Records for this exercise Block Start
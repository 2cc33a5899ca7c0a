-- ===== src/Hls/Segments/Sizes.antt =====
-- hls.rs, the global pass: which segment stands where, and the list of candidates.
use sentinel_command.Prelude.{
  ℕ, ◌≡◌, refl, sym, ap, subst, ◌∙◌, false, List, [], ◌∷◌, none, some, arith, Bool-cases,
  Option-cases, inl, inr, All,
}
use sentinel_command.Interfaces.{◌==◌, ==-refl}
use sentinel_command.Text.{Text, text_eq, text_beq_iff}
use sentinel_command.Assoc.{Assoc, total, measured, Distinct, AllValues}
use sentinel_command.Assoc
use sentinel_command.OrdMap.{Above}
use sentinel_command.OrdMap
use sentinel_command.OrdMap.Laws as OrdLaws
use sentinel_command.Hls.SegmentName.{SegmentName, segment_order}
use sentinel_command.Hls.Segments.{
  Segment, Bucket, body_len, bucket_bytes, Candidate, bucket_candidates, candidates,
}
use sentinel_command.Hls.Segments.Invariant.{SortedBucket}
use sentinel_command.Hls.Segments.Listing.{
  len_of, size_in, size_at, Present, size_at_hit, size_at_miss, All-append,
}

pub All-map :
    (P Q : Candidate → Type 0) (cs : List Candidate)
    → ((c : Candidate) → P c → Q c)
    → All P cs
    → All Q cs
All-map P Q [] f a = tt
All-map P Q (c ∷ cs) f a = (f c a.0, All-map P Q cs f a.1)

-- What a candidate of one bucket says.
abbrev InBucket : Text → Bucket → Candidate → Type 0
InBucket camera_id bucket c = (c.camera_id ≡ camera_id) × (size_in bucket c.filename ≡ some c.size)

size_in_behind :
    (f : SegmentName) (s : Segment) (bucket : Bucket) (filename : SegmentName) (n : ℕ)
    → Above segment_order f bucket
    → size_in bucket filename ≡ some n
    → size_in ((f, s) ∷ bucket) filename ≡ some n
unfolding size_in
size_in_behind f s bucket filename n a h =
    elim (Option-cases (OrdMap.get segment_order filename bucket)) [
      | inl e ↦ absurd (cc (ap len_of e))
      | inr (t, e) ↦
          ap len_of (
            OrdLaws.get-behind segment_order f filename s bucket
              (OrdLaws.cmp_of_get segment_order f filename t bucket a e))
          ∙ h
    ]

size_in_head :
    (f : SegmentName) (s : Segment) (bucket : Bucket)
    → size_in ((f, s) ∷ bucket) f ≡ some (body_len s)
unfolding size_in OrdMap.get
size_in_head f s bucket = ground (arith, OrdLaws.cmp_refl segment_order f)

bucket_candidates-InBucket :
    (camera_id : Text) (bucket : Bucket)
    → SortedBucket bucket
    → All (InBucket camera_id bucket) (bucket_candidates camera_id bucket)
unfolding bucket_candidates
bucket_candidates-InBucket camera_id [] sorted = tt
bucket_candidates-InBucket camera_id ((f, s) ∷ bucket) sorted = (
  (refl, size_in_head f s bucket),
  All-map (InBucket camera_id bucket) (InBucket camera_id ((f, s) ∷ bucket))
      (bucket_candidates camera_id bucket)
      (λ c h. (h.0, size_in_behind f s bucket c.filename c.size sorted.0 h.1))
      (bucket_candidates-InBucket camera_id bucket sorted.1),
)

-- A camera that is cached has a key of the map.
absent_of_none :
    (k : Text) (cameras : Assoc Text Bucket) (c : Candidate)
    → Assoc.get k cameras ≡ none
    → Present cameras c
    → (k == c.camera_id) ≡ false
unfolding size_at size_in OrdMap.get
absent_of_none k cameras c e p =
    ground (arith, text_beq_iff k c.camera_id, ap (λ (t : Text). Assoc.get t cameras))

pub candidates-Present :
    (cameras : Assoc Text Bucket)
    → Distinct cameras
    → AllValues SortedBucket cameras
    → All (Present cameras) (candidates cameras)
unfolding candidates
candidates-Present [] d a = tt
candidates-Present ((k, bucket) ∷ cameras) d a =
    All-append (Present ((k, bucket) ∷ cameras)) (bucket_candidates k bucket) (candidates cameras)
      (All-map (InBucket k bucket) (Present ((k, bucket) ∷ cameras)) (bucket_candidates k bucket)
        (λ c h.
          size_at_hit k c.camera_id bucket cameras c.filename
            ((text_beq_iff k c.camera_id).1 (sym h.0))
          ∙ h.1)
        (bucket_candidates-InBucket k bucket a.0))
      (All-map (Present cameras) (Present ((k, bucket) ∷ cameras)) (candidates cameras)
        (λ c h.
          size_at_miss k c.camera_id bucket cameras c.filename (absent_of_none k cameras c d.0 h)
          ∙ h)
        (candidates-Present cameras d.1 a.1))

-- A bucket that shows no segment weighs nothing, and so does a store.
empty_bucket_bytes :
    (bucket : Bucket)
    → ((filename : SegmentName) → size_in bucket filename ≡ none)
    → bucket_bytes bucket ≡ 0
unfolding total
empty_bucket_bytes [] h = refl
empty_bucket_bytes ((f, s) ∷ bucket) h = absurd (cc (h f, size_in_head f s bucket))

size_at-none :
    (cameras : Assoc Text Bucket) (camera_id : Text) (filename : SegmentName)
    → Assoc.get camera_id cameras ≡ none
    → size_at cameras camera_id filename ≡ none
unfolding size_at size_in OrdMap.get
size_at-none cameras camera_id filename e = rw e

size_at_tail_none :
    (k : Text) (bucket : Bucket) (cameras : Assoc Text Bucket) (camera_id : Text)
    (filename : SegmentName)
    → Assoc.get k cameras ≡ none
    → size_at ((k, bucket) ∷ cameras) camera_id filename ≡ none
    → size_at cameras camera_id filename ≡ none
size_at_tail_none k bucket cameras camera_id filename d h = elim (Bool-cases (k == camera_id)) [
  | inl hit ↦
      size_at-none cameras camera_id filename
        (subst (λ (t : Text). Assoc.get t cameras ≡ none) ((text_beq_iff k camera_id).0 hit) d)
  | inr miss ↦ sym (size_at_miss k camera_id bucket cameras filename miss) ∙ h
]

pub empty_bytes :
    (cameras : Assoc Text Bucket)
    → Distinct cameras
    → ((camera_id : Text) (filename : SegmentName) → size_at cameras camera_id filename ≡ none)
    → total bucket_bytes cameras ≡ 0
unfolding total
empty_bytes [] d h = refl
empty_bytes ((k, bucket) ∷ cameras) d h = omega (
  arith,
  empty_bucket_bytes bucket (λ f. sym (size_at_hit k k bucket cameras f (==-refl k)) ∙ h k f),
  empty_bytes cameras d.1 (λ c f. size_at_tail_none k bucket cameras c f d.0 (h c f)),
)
Records for this exercise Block End
# Activity:
In the entries above, identify every line with the string "SegmentName".

# Response:
use sentinel_command.Hls.SegmentName.{SegmentName, segment_order}
    (f : SegmentName) (s : Segment) (bucket : Bucket) (filename : SegmentName) (n : ℕ)
    (f : SegmentName) (s : Segment) (bucket : Bucket)
    → ((filename : SegmentName) → size_in bucket filename ≡ none)
    (cameras : Assoc Text Bucket) (camera_id : Text) (filename : SegmentName)
    (filename : SegmentName)
    → ((camera_id : Text) (filename : SegmentName) → size_at cameras camera_id filename ≡ none)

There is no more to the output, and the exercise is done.